**TASK STATEMENT:**
Find each line below that includes "parsed", then copy it.

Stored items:
▶

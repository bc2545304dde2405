-- ===== src/Session/Handshake.antt =====
-- handshake of session/session.go. What encoding/json makes of HELLO and SDP is a parameter, and so
-- are the callbacks; a deadline that passes is a read or a write that fails.
pub mod Auth
pub mod Gate
pub mod Tracks
pub mod Opened
pub mod Success
pub mod Stamps
use mathlib.Core.Option
use quicrtc.Prelude.{
  ℕ, List, Bool, true, false, not, ◌&&◌, ◌==◌, if◌then◌else◌, ltb, length, map, [], ◌∷◌, ◌++◌,
  Option, none, some, Result, ok, err, Error, Text, same_text,
}
use quicrtc.Wire.Control.{read_control_frame, write_control_frame}
use quicrtc.Wire.Hello.{Hello, Sdp, current_version, min_supported_version, negotiate_version}
use quicrtc.Session.{
  Config, Hooks, Session, intersect_features, attach_track, attach_track_with_kind, looked_up_kind,
  best_effort_error,
}

abbrev pub type_hello : ℕ
type_hello = 1

abbrev pub type_sdp : ℕ
type_sdp = 2

-- "expected HELLO"
abbrev pub expected_hello : List ℕ
expected_hello = 101 ∷ 120 ∷ 112 ∷ 101 ∷ 99 ∷ 116 ∷ 101 ∷ 100 ∷ 32 ∷ 72 ∷ 69 ∷ 76 ∷ 76 ∷ 79 ∷ []

-- "bad hello json"
abbrev pub bad_hello_json : List ℕ
bad_hello_json = 98 ∷ 97 ∷ 100 ∷ 32 ∷ 104 ∷ 101 ∷ 108 ∷ 108 ∷ 111 ∷ 32 ∷ 106 ∷ 115 ∷ 111 ∷ 110 ∷ []

-- "version"
abbrev pub version_message : List ℕ
version_message = 118 ∷ 101 ∷ 114 ∷ 115 ∷ 105 ∷ 111 ∷ 110 ∷ []

-- "auth"
abbrev pub auth_message : List ℕ
auth_message = 97 ∷ 117 ∷ 116 ∷ 104 ∷ []

-- "bad role"
abbrev pub bad_role : List ℕ
bad_role = 98 ∷ 97 ∷ 100 ∷ 32 ∷ 114 ∷ 111 ∷ 108 ∷ 101 ∷ []

-- UnmarshalHello, and SDP.Marshal; `none` is an error.
pub record Json : Type 0 where
  pub unmarshal_hello : List ℕ → Option Hello
  pub marshal_sdp : Sdp → Option (List ℕ)

pub data HandshakeError : Type 0 where
  set_deadline marshal_sdp_failed bad_hello auth : HandshakeError
  read_hello write_sdp : Error → HandshakeError

abbrev or_version : Text → Text → Text
or_version bound version = if length bound == 0 then version else bound

-- The versions that a client offers.
unfoldable pub offered_range : Hello → Text × Text
offered_range h =
    let client_min = or_version h.min_version h.version in
    let client_max = or_version h.max_version h.version in
    if (length client_min == 0) && (length client_max == 0)
    then (current_version, current_version)
    else (client_min, client_max)

-- The tenant of an accepted credential.
unfoldable pub authenticate : Config → Hello → Session → Option Text
authenticate c h s = elim c.auth_validator [
  | some validate ↦ validate h.slug
  | none ↦ if same_text h.slug c.expect_slug then some s.tenant else none
]

-- Whether the role is one that the server takes: none, or "recv".
abbrev pub takes_role : Text → Bool
takes_role role = if length role == 0 then true else same_text role (114 ∷ 101 ∷ 99 ∷ 118 ∷ [])

-- The loop that attaches the receivers of a resumed session.
unfoldable pub attach_resumed : Config → Hooks → List (Text × ℕ) → Session → Session
attach_resumed c hooks [] s = s
attach_resumed c hooks ((name, r) ∷ rs) s =
    attach_resumed c hooks rs (attach_track c hooks name r s)

abbrev pub looked_up : Option (Text → ℕ) → ℕ → Text → ℕ
looked_up hook default name = elim hook [ none ↦ default | some f ↦ f name ]

-- The loop that attaches the tracks of a fresh session.
unfoldable pub attach_fresh : Config → Hooks → List (Text × ℕ) → Session → Session
attach_fresh c hooks [] s = s
attach_fresh c hooks ((name, r) ∷ rs) s = attach_fresh c hooks rs (
    attach_track_with_kind c name (looked_up_kind hooks name) r
      (looked_up hooks.on_lookup_priority 4 name) (looked_up hooks.on_lookup_track_id 0 name) s)

-- What OnResume gives for the HELLO, if it is asked.
unfoldable pub resumable : Hooks → Hello → Session → Option (List (Text × ℕ))
resumable hooks h s =
    if not (length h.session_id == 0)
    then (elim hooks.on_resume [
      | none ↦ none
      | some resume ↦ resume s.tenant h.session_id h.last_seen_seq
    ])
    else none

-- The call of OnResume, if it is asked.
abbrev pub resume_request : Hooks → Hello → Text → List (Text × Text × List (Text × ℕ))
resume_request hooks h tenant =
    if not (length h.session_id == 0)
    then (elim hooks.on_resume [
      | none ↦ []
      | some resume ↦ (tenant, h.session_id, h.last_seen_seq) ∷ []
    ])
    else []

-- The session with that call on its list.
abbrev pub log_resume : Hooks → Hello → Session → Session
log_resume hooks h s = record s { resume_calls = s.resume_calls ++ resume_request hooks h s.tenant }

-- The tracks that may begin with P-frames.
unfoldable pub mark_leading : Hello → Session → Session
mark_leading h s =
    if ltb 0 (length h.last_seen_seq)
    then record s { resumed_leading = map (λ (c : Text × ℕ). c.0) h.last_seen_seq }
    else s

-- Resume an existing session, or start fresh.
unfoldable pub resume_or_start : Config → Hooks → Hello → Session → Session
resume_or_start c hooks h s =
    let asked = log_resume hooks h s in
    elim (resumable hooks h s) [
      | some rs ↦
          attach_resumed c hooks rs (mark_leading h (record asked { session_id = h.session_id }))
      | none ↦
          let id = Option.get_or hooks.on_allocate_id s.session_id in
          let fresh = Option.get_or hooks.on_fresh_session [] in
          attach_fresh c hooks fresh (record asked { session_id = id })
    ]

-- The SDP in answer.
unfoldable pub answer : Config → Json → Hello → Session → Session × Option HandshakeError
answer c json h s =
    let features = intersect_features h.features c.supported_features in
    let sdp : Sdp = record c.sdp {
      session_id = s.session_id;
      features = features;
      negotiated_version = s.negotiated_version;
    } in
    let s' : Session = record s { negotiated_features = features } in
    elim (json.marshal_sdp sdp) [
      | none ↦ (s', some HandshakeError.marshal_sdp_failed)
      | some body ↦
          let (ctl, e) = write_control_frame s.ctl type_sdp body in
          let s'' : Session = record s' { ctl = ctl } in
          elim e [ none ↦ (s'', none) | some fault ↦ (s'', some (HandshakeError.write_sdp fault)) ]
    ]

-- After authentication.
unfoldable pub admit : Config → Hooks → Json → Hello → Session → Session × Option HandshakeError
admit c hooks json h s =
    if not (takes_role h.role)
    then (best_effort_error bad_role s, some HandshakeError.bad_hello)
    else answer c json h (
        resume_or_start c hooks h
          (record s { hello_session_id = h.session_id; hello_last_seen_seq = h.last_seen_seq }))

-- The version, and then the credential.
unfoldable pub check_hello :
    Config → Hooks → Json → Hello → Session → Session × Option HandshakeError
check_hello c hooks json h s =
    let (client_min, client_max) = offered_range h in
    elim (negotiate_version client_min client_max min_supported_version current_version) [
      | none ↦ (best_effort_error version_message s, some HandshakeError.bad_hello)
      | some v ↦
          let s₁ : Session = record s { negotiated_version = v } in
          elim (authenticate c h s₁) [
            | none ↦ (best_effort_error auth_message s₁, some HandshakeError.auth)
            | some tenant ↦ admit c hooks json h (record s₁ { tenant = tenant })
          ]
    ]

-- handshake, on what there is to read on the control stream; `deadline_set` says whether the read
-- deadline could be set.
unfoldable pub handshake :
    Config → Hooks → Json → Bool → List ℕ → Session → Session × Option HandshakeError
handshake c hooks json deadline_set input s =
    if not deadline_set
    then (s, some HandshakeError.set_deadline)
    else (elim (read_control_frame input) [
      | err e ↦ (s, some (HandshakeError.read_hello e))
      | ok ((t, payload), rest) ↦
          if not (t == type_hello)
          then (best_effort_error expected_hello s, some HandshakeError.bad_hello)
          else (elim (json.unmarshal_hello payload) [
            | none ↦ (best_effort_error bad_hello_json s, some HandshakeError.bad_hello)
            | some h ↦ check_hello c hooks json h s
          ])
    ])
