-- ===== src/Session/Handshake/Auth.antt =====
-- Who gets past the handshake of session/session.go.
use mathlib.Core.Option
use quicrtc.Prelude.{
  ℕ, ◌≡◌, refl, ◌∙◌, ◌⊎◌, inl, inr, List, true, ◌==◌, length, nil_of_length, [], ◌∷◌, Option, none,
  some, ok, Error, Text, same_text, same_text→eq, arith, Bool-cases, Option-cases,
}
use quicrtc.Wire.Control.{read_control_frame, write_control_frame}
use quicrtc.Wire.Hello.{Hello, Sdp, current_version, min_supported_version}
use quicrtc.Wire.Hello.Laws.{Within}
use quicrtc.Session.{
  Config, Hooks, Session, intersect_features, attach_track_with_kind, attach_track_with_track_id,
  attach_track_with_priority, attach_track, looked_up_kind, best_effort_error,
}
use quicrtc.Session.Attach.{
  SameSession, SameSession-refl, SameSession-trans, attach_track_with_kind-Attached,
}
use quicrtc.Session.Handshake.{
  type_hello, type_sdp, Json, HandshakeError, offered_range, authenticate, takes_role,
  attach_resumed, looked_up, attach_fresh, resumable, log_resume, mark_leading, resume_or_start,
  answer,
}

attach_track-same :
    (c : Config) (h : Hooks) (name : Text) (recv : ℕ) (s : Session)
    → SameSession s (attach_track c h name recv s)
unfolding attach_track attach_track_with_priority attach_track_with_track_id
attach_track-same c h name recv s =
    (attach_track_with_kind-Attached c name (looked_up_kind h name) recv 4 0 s).same

pub attach_resumed-same :
    (c : Config) (h : Hooks) (rs : List (Text × ℕ)) (s : Session)
    → SameSession s (attach_resumed c h rs s)
unfolding attach_resumed
attach_resumed-same c h [] s = SameSession-refl s
attach_resumed-same c h ((name, r) ∷ rs) s =
    let s' = attach_track c h name r s in
    SameSession-trans s s' (attach_resumed c h rs s') (attach_track-same c h name r s)
      (attach_resumed-same c h rs s')

pub attach_fresh-same :
    (c : Config) (h : Hooks) (rs : List (Text × ℕ)) (s : Session)
    → SameSession s (attach_fresh c h rs s)
unfolding attach_fresh
attach_fresh-same c h [] s = SameSession-refl s
attach_fresh-same c h ((name, r) ∷ rs) s =
    let a =
      attach_track_with_kind-Attached c name (looked_up_kind h name) r
        (looked_up h.on_lookup_priority 4 name) (looked_up h.on_lookup_track_id 0 name) s in
    let s' =
      attach_track_with_kind c name (looked_up_kind h name) r
        (looked_up h.on_lookup_priority 4 name) (looked_up h.on_lookup_track_id 0 name) s in
    SameSession-trans s s' (attach_fresh c h rs s') a.same (attach_fresh-same c h rs s')

-- The identity that authentication has settled.
pub record SameIdentity (s s' : Session) : Type 0 where
  pub tenant : s'.tenant ≡ s.tenant
  pub version : s'.negotiated_version ≡ s.negotiated_version

mark_leading-same : (h : Hello) (s : Session) → SameIdentity s (mark_leading h s)
unfolding mark_leading
mark_leading-same h s = record { tenant = ground arith; version = ground arith }

pub resume_or_start-same :
    (c : Config) (hooks : Hooks) (h : Hello) (s : Session)
    → SameIdentity s (resume_or_start c hooks h s)
unfolding resume_or_start
resume_or_start-same c hooks h s = elim (Option-cases (resumable hooks h s)) [
  | inl e ↦
      let id = Option.get_or hooks.on_allocate_id s.session_id in
      let fresh = Option.get_or hooks.on_fresh_session [] in
      let same =
        attach_fresh-same c hooks fresh (record (log_resume hooks h s) { session_id = id }) in
      rw (resume_or_start, e) record { tenant = same.tenant; version = same.version }
  | inr (rs, e) ↦
      let s₁ : Session = record (log_resume hooks h s) { session_id = h.session_id } in
      let m = mark_leading-same h s₁ in
      let same = attach_resumed-same c hooks rs (mark_leading h s₁) in
      rw (resume_or_start, e)
        record { tenant = same.tenant ∙ m.tenant; version = same.version ∙ m.version }
]

pub answer-same :
    (c : Config) (json : Json) (h : Hello) (s : Session) → SameIdentity s (answer c json h s).0
unfolding answer
answer-same c json h s =
    let features = intersect_features h.features c.supported_features in
    let sdp : Sdp = record c.sdp {
      session_id = s.session_id;
      features = features;
      negotiated_version = s.negotiated_version;
    } in
    elim (Option-cases (json.marshal_sdp sdp)) [
      | inl e ↦ record { tenant = ground (arith, e); version = ground (arith, e) }
      | inr (body, e) ↦ elim (Option-cases (write_control_frame s.ctl type_sdp body).1) [
        | inl fine ↦ record { tenant = ground (arith, e, fine); version = ground (arith, e, fine) }
        | inr (fault, bad) ↦ record {
          tenant = ground (arith, e, bad);
          version = ground (arith, e, bad);
        }
      ]
    ]

-- Nothing is attached or spawned, no session has been named, and OnResume has not been called.
pub record Refused (s s' : Session) : Type 0 where
  pub tracks : s'.tracks ≡ s.tracks
  pub spawned : s'.spawned ≡ s.spawned
  pub session_id : s'.session_id ≡ s.session_id
  pub features : s'.negotiated_features ≡ s.negotiated_features
  pub leading : s'.resumed_leading ≡ s.resumed_leading
  pub uncalled : s'.resume_calls ≡ s.resume_calls

-- The credential is one that AuthValidator takes, and it names the tenant; or there is no validator
-- and it is the expected slug.
abbrev pub Accepted : Config → Hello → Session → Session → Type 0
Accepted c h s s' =
    ((validate : Text → Option Text) × (c.auth_validator ≡ some validate)
      × (validate h.slug ≡ some s'.tenant))
    ⊎ ((c.auth_validator ≡ none) × (h.slug ≡ c.expect_slug) × (s'.tenant ≡ s.tenant))

-- A HELLO was read whose credential, role and versions are right.
pub record Admitted (c : Config) (json : Json) (input : List ℕ) (s s' : Session) : Type 0 where
  pub payload : List ℕ
  pub rest : List ℕ
  pub hello : Hello
  pub framed : read_control_frame input ≡ ok ((type_hello, payload), rest)
  pub parsed : json.unmarshal_hello payload ≡ some hello
  pub accepted : Accepted c hello s s'
  pub role : (hello.role ≡ []) ⊎ (hello.role ≡ 114 ∷ 101 ∷ 99 ∷ 118 ∷ [])
  pub version_offered : Within (offered_range hello).0 (offered_range hello).1 s'.negotiated_version
  pub version_supported : Within min_supported_version current_version s'.negotiated_version

pub best_effort_error-Refused : (msg : List ℕ) (s : Session) → Refused s (best_effort_error msg s)
unfolding best_effort_error
best_effort_error-Refused msg s = record {
  tracks = refl;
  spawned = refl;
  session_id = refl;
  features = refl;
  leading = refl;
  uncalled = refl;
}

pub takes_role-lem :
    (role : Text) → takes_role role ≡ true → (role ≡ []) ⊎ (role ≡ 114 ∷ 101 ∷ 99 ∷ 118 ∷ [])
takes_role-lem role h = elim (Bool-cases (length role == 0)) [
  | inl empty ↦ inl (nil_of_length role (ground (arith, empty)))
  | inr some_role ↦ inr (same_text→eq role _ (ground (arith, some_role, h)))
]

pub authenticate-Accepted :
    (c : Config) (h : Hello) (s s' : Session)
    → authenticate c h s ≡ some s'.tenant
    → Accepted c h s s'
unfolding authenticate
authenticate-Accepted c h s s' e = elim (Option-cases c.auth_validator) [
  | inr (validate, there) ↦ inl (validate, there, ground (arith, there, e))
  | inl nothing ↦ elim (Bool-cases (same_text h.slug c.expect_slug)) [
    | inl same ↦
        inr (nothing, same_text→eq h.slug c.expect_slug same, ground (arith, nothing, same, e))
    | inr differs ↦ absurd (ground (arith, nothing, differs, e))
  ]
]

-- How the handshake ends once it has attached the tracks: only the SDP may still fail.
abbrev pub AnswerEnd : Option HandshakeError → Type 0
AnswerEnd o =
    (o ≡ none)
    ⊎ (o ≡ some HandshakeError.marshal_sdp_failed)
    ⊎ ((fault : Error) × (o ≡ some (HandshakeError.write_sdp fault)))

pub answer-AnswerEnd :
    (c : Config) (json : Json) (h : Hello) (s : Session) → AnswerEnd (answer c json h s).1
unfolding answer
answer-AnswerEnd c json h s =
    let features = intersect_features h.features c.supported_features in
    let sdp : Sdp = record c.sdp {
      session_id = s.session_id;
      features = features;
      negotiated_version = s.negotiated_version;
    } in
    elim (Option-cases (json.marshal_sdp sdp)) [
      | inl e ↦ inr (inl (ground (arith, e)))
      | inr (body, e) ↦ elim (Option-cases (write_control_frame s.ctl type_sdp body).1) [
        | inl fine ↦ inl (ground (arith, e, fine))
        | inr (fault, bad) ↦ inr (inr (fault, ground (arith, e, bad)))
      ]
    ]

-- What the handshake makes of a HELLO that has been parsed.
abbrev pub Checked : Config → Hello → Session → Session → Type 0
Checked c h s s' =
    Accepted c h s s'
    × ((h.role ≡ []) ⊎ (h.role ≡ 114 ∷ 101 ∷ 99 ∷ 118 ∷ []))
    × Within (offered_range h).0 (offered_range h).1 s'.negotiated_version
    × Within min_supported_version current_version s'.negotiated_version

abbrev pub Verdict : Config → Hello → Session → Session × Option HandshakeError → Type 0
Verdict c h s r =
    ((e : HandshakeError) × (r.1 ≡ some e) × Refused s r.0) ⊎ (AnswerEnd r.1 × Checked c h s r.0)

◀

**RESULT OF THIS TASK:**
  pub parsed : json.unmarshal_hello payload ≡ some hello
-- What the handshake makes of a HELLO that has been parsed.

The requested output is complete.